Reading and Processing Text: grep, sed, awk and Friends
This is the group of tools behind the power of the Linux command line. True to the Unix philosophy (Article 0), each one does one thing well — viewing, filtering, cutting, sorting, counting, transforming text. Learn each on its own, then Article 6 combines them with pipes.
Create a sample file in the lab to practice:
cd /tmp
printf "alice 90 math\nbob 75 science\ncarol 88 math\ndave 75 math\nalice 95 science\n" > scores.txt
Viewing content: cat, less, head, tail
cat scores.txt # print the whole file to the screen
less scores.txt # view a long file with paging (q to quit, / to search)
head -2 scores.txt # first 2 lines
tail -1 scores.txt # last line
cat suits short files; for long files use less (scroll with arrows/Space, quit with q). head/tail grab the first/last few lines.
Especially useful when debugging: tail -f follows a log file in real time, printing each new line as it's written:
tail -f /var/log/syslog # tail the log, Ctrl+C to stop
Filtering lines: grep
grep prints the lines matching a pattern — the tool you use most to search through logs and files:
grep math scores.txt # lines containing "math"
grep -i MATH scores.txt # -i: case-insensitive
grep -v math scores.txt # -v: invert (lines NOT containing "math")

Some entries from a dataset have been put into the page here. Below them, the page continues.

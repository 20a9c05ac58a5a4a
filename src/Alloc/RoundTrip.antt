-- ===== src/Alloc/RoundTrip.antt =====
-- `admit` and then `release` of the same sequence (pimkv/allocator.py).
use chip_hackathon_f.Prelude.{
  ℕ, ◌+◌, ◌≤◌, ◌≡◌, sym, ap, ◌∙◌, ◌&&◌, inl, inr, none, some, List, [], arith, ltb, nat_beq, nat_eq,
  indicator, count, Option-cases,
}
use chip_hackathon_f.Dict.{get, put, erase, get-put, weight, weight-put, weight-erase}
use chip_hackathon_f.Dict.Weights.{keys-none, refs-none, refs-get, dead-get}
use chip_hackathon_f.Exec.{Result, Returns, Returns-mono, continue}
use chip_hackathon_f.Alloc.{SeqId, seq_id_eq, seq_id_beq_iff, Policy, Pool, admit, release}
use chip_hackathon_f.Alloc.Invariant.{Lawful, Inv, uses}
use chip_hackathon_f.Alloc.Admission.{
  Admission, admitted, duplicate, full, Admitted, admit-Admission,
}
use chip_hackathon_f.Alloc.Teardown.{release-Returns}

module _ {P : Type 0} {policy : Policy P} {size : ℕ} (laws : Lawful policy size) where
  -- The free blocks are those that nothing refers to.
  free_as_unused :
      (held : List ℕ) (s : Pool P) (b : ℕ)
      → Inv laws held s
      → count b (laws.view.free s.placement)
        ≡ indicator (ltb b size && nat_beq (weight (uses b) s.tables + count b held) 0)
  free_as_unused held s b v = elim (Option-cases (get b s.refcount)) [
    | inl e ↦
        ground (arith, v.counted b, v.placed b, keys-none b s.refcount e, refs-none b s.refcount)
    | inr (n, e) ↦ ground (
      arith,
      v.counted b,
      v.placed b,
      refs-get b n s.refcount e,
      dead-get b n s.refcount e v.alive,
      refs-none b s.refcount,
    )
  ]

  -- In a pool that satisfies the invariant, where the sequence has no table and the prompt's blocks are
  -- free, `admit` and then `release` of the sequence both return, and afterwards every block is free as
  -- often as it was before, the references of the tables are the same, and the invariant holds.
  pub release_undoes_admit :
      (held : List ℕ) (k : SeqId) (n total : ℕ) (s : Pool P)
      → Inv laws held s
      → get k s.tables ≡ none
      → n ≤ policy.num_free s.placement
      → Returns
          (λ _ u.
            Inv laws held u
            × ((b : ℕ) → weight (uses b) u.tables ≡ weight (uses b) s.tables)
            × ((b : ℕ)
                → count b (laws.view.free u.placement) ≡ count b (laws.view.free s.placement)))
          (continue (λ _. release policy k) (admit policy k n total s))
  release_undoes_admit held k n total s v fresh room =
      go (admit policy k n total s) (admit-Admission laws held k n total s v)
    where
      undone :
          (bs : List ℕ) (t u : Pool P)
          → t.tables ≡ put k bs s.tables
          → u.tables ≡ erase k t.tables
          → (b : ℕ) → weight (uses b) u.tables ≡ weight (uses b) s.tables
      undone bs t u written erased b =
          let own : get k (put k bs s.tables) ≡ some bs =
            ground (arith, get-put k k bs s.tables, seq_id_beq_iff k k) in
          ap (weight (uses b)) (erased ∙ ap (erase k) written)
          ∙ ground (
            arith,
            own,
            fresh,
            weight-erase (uses b) k (put k bs s.tables),
            weight-put (uses b) k bs s.tables,
          )

      go :
          (r : Result (List ℕ) × Pool P)
          → Admission laws k n s (λ bs t. Admitted laws held k [] n s bs t) r
          → Returns
              (λ _ u.
                Inv laws held u
                × ((b : ℕ) → weight (uses b) u.tables ≡ weight (uses b) s.tables)
                × ((b : ℕ)
                    → count b (laws.view.free u.placement) ≡ count b (laws.view.free s.placement)))
              (continue (λ _. release policy k) r)
      go _ (duplicate table e) = absurd (ground (arith, e, fresh))
      go _ (full e h) = absurd (omega (arith, h, room))
      go _ (admitted {bs} {t} e h a) =
          let own : get k t.tables ≡ some bs =
            ap (get k) a.written ∙ ground (arith, get-put k k bs s.tables, seq_id_beq_iff k k) in
          Returns-mono (release-Returns laws held k bs t a.inv own) λ _ u (inv, erased, _). (
            inv,
            undone bs t u a.written erased,
            λ b.
                let same = undone bs t u a.written erased b in
                free_as_unused held u b inv
                ∙ ap (λ w. indicator (ltb b size && nat_beq (w + count b held) 0)) same
                ∙ sym (free_as_unused held s b v),
          )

grep -c math scores.txt # -c: count matching lines
grep -n math scores.txt # -n: include line numbers
grep -r "TODO" /duong/dan # -r: search recursively through a directory
alice 90 math
carol 88 math
dave 75 math
grep also understands regular expressions (regex), e.g. grep "^alice" scores.txt filters lines that start with "alice" (^ = start of line).
Cutting columns: cut
With columnar data, cut pulls out the column you need:
cut -d ' ' -f1 scores.txt # -d ' ' splits on space, -f1 takes column 1
alice
bob
carol
dave
alice
-d specifies the delimiter, -f the column number. Handy with CSV files (-d ',') or /etc/passwd (-d ':').
Sorting and removing duplicates: sort, uniq
sort scores.txt # sort alphabetically
sort -k2 -n scores.txt # -k2 by column 2, -n sort NUMERICALLY (not by text)
cut -d ' ' -f1 scores.txt | sort | uniq # unique names
cut -d ' ' -f1 scores.txt | sort | uniq -c # count how many times each name appears
Note: uniq only collapses adjacent duplicate lines, so you almost always have to sort first. uniq -c counts the repetitions — the pattern sort | uniq -c | sort -rn is handy for ranking (e.g. the most frequent IPs in a log).
Counting: wc
wc scores.txt # number of lines, words, characters
wc -l scores.txt # count lines only (-l)
5 15 73 scores.txt
wc -l is extremely handy for counting: e.g. grep error log | wc -l counts the number of errors.
Transforming text: sed
sed (stream editor) edits text as a stream; the most common use is substitution:
sed 's/math/TOAN/g' scores.txt # replace "math" -> "TOAN" on every line
alice 90 TOAN
bob 75 science
carol 88 TOAN
...
The s/old/new/g syntax: s = substitute, g = global (every occurrence on the line, not just the first). By default sed prints the result and does not modify the original file; add -i to edit the file in place (sed -i 's/.../.../g' file) — careful, it overwrites.
Processing by column: awk
awk is more powerful for columnar data: it splits each line into fields $1, $2... and lets you filter and compute:
awk '{print $1, $2}' scores.txt # print columns 1 and 2
awk '$2 > 80 {print $1, $2}' scores.txt # only lines where column 2 > 80
alice 90
carol 88
alice 95
$2 > 80 is the condition, {print ...} is the action. awk can also sum, average, count by group... — a whole little language. For a beginner, remembering "split into columns $1 $2 ... then filter/print" covers most use.
When to use which:
grepto filter lines by pattern;cutto take a column simply;sedto substitute/transform text;awkwhen you need to process columns with conditions/computation. They overlap, but these are each one's strength.
🧹 Cleanup
rm -f scores.txt
Wrap-up
You have a text-processing toolset: cat/less/head/tail (view, with tail -f to follow logs), grep (filter lines), cut (take columns), sort/uniq (sort + dedupe), wc (count), sed (substitute), awk (process by column). Each is small and specialized for one job.
The real power comes from combining them: one's output becomes the next one's input. Article 6 explains that mechanism — pipes and redirection — along with the three data streams stdin/stdout/stderr behind it.